+++ The data

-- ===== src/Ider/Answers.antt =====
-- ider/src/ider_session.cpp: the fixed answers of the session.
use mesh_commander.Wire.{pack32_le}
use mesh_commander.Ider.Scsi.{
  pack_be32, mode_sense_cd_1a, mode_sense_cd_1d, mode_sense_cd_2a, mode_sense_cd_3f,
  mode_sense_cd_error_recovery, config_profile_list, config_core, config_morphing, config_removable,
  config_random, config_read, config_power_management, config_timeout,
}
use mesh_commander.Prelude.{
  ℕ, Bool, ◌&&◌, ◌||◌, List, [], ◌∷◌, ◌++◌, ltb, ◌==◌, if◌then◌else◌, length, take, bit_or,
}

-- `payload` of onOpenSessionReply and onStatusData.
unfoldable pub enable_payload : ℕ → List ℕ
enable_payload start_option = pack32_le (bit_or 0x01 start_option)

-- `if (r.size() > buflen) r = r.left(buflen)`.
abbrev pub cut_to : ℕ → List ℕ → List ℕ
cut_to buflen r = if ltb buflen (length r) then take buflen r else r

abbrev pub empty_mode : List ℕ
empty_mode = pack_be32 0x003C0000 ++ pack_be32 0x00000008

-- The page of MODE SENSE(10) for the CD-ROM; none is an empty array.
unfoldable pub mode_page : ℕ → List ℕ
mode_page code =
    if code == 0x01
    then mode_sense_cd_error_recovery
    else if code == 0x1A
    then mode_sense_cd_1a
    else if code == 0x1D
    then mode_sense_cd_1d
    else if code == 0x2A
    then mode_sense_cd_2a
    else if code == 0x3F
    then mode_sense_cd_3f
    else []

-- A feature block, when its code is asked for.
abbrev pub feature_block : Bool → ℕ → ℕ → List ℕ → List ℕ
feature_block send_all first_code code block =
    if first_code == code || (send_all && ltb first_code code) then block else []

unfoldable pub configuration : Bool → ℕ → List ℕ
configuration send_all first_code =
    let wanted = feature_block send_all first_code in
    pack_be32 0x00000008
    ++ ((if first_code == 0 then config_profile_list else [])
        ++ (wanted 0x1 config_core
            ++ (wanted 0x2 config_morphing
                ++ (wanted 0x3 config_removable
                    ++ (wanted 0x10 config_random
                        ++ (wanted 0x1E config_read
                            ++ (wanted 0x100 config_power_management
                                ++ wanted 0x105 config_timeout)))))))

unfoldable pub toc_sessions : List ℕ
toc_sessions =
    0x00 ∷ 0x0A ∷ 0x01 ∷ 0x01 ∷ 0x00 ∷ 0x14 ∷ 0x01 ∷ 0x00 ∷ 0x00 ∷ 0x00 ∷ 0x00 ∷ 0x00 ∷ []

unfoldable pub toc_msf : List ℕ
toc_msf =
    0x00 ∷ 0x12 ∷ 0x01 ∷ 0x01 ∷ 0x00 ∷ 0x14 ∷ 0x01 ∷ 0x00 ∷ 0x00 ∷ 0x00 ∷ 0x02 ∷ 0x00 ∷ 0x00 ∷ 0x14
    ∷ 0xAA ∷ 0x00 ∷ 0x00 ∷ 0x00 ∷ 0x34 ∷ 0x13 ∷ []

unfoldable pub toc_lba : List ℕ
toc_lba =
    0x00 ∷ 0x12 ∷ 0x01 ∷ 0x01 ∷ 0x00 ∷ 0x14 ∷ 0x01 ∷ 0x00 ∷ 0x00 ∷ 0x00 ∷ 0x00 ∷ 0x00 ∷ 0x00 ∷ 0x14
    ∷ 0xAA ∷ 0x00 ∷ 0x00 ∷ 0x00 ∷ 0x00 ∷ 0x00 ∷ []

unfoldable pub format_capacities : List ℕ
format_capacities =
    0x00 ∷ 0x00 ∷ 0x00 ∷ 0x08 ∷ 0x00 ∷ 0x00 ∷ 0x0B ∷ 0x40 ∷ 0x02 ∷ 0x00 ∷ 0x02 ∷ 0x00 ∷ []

++++++
+++ The data

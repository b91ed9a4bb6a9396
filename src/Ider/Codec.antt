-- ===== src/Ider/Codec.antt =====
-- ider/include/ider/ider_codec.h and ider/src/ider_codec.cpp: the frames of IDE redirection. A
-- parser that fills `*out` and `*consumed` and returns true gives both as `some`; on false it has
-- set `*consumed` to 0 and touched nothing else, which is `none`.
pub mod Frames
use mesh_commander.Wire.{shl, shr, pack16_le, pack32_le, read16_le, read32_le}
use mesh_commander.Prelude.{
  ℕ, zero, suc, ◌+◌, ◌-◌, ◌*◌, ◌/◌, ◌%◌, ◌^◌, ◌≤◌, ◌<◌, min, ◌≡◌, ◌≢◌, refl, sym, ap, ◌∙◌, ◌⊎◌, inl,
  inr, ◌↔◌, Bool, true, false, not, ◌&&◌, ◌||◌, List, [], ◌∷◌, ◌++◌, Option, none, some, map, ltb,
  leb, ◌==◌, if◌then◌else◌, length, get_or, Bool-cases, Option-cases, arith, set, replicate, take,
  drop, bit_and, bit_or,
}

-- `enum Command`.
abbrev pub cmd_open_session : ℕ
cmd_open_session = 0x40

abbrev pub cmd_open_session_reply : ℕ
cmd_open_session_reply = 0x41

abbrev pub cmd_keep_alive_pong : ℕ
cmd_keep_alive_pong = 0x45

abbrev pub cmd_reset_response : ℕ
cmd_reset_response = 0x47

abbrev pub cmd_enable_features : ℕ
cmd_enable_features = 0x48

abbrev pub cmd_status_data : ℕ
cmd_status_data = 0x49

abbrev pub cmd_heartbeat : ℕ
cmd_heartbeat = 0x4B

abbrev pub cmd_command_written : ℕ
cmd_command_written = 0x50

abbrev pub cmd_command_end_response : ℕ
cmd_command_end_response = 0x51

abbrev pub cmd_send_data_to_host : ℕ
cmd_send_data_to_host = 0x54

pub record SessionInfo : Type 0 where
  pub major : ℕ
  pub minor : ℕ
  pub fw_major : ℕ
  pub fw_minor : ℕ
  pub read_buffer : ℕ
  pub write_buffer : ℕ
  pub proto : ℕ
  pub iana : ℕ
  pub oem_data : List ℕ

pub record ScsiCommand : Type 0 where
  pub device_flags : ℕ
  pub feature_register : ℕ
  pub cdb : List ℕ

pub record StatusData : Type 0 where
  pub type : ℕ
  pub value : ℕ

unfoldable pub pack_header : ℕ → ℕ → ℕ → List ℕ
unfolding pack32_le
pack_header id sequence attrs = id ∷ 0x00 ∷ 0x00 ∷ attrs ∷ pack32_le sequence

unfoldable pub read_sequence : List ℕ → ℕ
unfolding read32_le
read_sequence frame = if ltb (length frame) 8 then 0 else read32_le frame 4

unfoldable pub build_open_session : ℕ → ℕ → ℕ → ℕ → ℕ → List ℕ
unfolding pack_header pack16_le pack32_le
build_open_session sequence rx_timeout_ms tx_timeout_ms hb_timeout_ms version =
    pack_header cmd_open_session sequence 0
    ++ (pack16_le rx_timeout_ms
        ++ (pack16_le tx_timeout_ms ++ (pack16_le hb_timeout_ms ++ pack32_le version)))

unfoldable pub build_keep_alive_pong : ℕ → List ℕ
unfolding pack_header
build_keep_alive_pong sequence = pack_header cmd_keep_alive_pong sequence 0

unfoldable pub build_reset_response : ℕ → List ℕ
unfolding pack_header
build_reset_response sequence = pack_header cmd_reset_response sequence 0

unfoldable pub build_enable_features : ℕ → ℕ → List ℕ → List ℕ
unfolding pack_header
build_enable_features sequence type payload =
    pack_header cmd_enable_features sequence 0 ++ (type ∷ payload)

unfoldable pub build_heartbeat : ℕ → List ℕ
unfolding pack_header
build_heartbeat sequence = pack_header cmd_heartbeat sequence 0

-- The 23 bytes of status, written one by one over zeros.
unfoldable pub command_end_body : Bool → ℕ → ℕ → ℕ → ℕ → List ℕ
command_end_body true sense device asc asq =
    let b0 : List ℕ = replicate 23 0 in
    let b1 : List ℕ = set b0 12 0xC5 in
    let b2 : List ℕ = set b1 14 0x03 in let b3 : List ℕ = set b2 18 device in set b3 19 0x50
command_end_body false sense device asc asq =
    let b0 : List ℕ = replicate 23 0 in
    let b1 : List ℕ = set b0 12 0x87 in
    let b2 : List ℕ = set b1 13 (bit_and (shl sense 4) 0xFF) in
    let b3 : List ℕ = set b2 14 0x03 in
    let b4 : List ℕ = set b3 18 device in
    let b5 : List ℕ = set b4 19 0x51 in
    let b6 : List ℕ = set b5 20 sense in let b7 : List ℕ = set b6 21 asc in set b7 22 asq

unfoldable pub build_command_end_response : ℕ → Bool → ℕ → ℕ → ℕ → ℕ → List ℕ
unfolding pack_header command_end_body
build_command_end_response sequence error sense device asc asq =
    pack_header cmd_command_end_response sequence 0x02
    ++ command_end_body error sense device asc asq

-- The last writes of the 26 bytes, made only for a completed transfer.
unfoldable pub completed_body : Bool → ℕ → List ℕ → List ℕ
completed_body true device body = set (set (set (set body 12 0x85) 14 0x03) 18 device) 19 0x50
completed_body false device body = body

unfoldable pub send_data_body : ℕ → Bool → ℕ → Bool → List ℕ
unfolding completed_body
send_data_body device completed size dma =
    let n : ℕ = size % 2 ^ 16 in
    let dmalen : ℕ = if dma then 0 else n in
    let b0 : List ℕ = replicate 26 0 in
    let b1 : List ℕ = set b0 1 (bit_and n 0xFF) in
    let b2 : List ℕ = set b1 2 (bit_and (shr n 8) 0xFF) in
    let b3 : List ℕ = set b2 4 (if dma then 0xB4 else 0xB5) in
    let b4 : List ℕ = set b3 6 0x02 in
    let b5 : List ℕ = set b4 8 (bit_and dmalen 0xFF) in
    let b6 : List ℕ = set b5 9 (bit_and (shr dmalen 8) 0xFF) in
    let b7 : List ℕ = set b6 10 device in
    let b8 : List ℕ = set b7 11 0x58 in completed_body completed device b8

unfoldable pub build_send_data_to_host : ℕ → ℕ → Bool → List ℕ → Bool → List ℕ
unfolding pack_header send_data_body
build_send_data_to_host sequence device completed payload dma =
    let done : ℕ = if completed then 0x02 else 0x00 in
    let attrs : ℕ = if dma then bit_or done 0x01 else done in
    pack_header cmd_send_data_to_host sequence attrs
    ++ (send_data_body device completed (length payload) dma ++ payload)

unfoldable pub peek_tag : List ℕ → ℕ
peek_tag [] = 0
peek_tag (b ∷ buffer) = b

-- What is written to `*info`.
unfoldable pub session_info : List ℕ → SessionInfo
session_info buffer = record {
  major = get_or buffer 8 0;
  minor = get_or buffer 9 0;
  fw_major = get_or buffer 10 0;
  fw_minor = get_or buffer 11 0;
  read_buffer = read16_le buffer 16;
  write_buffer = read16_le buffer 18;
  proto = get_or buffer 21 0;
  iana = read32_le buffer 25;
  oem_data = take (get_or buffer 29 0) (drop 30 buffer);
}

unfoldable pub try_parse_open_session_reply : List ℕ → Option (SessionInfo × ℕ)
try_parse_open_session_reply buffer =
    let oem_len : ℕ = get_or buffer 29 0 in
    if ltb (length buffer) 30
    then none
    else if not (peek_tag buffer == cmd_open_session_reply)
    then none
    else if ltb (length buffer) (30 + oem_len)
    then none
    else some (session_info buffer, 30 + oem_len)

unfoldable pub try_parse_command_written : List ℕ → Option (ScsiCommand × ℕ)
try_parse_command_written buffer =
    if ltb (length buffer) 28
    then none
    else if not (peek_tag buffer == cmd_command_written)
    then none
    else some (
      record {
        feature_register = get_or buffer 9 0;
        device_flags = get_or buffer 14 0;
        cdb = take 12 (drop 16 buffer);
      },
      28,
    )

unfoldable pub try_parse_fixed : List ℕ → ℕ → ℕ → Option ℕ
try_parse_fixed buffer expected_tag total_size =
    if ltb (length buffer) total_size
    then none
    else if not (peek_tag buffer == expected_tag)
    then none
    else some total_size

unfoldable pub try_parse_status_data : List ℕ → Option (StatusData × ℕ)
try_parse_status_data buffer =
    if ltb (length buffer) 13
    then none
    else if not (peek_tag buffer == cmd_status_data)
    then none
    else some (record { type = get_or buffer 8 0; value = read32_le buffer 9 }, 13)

++++++

Exercise :: For the string "SessionInfo", search the preceding data and copy every line that includes it.

Problem solution ::
pub record SessionInfo : Type 0 where
unfoldable pub session_info : List ℕ → SessionInfo
unfoldable pub try_parse_open_session_reply : List ℕ → Option (SessionInfo × ℕ)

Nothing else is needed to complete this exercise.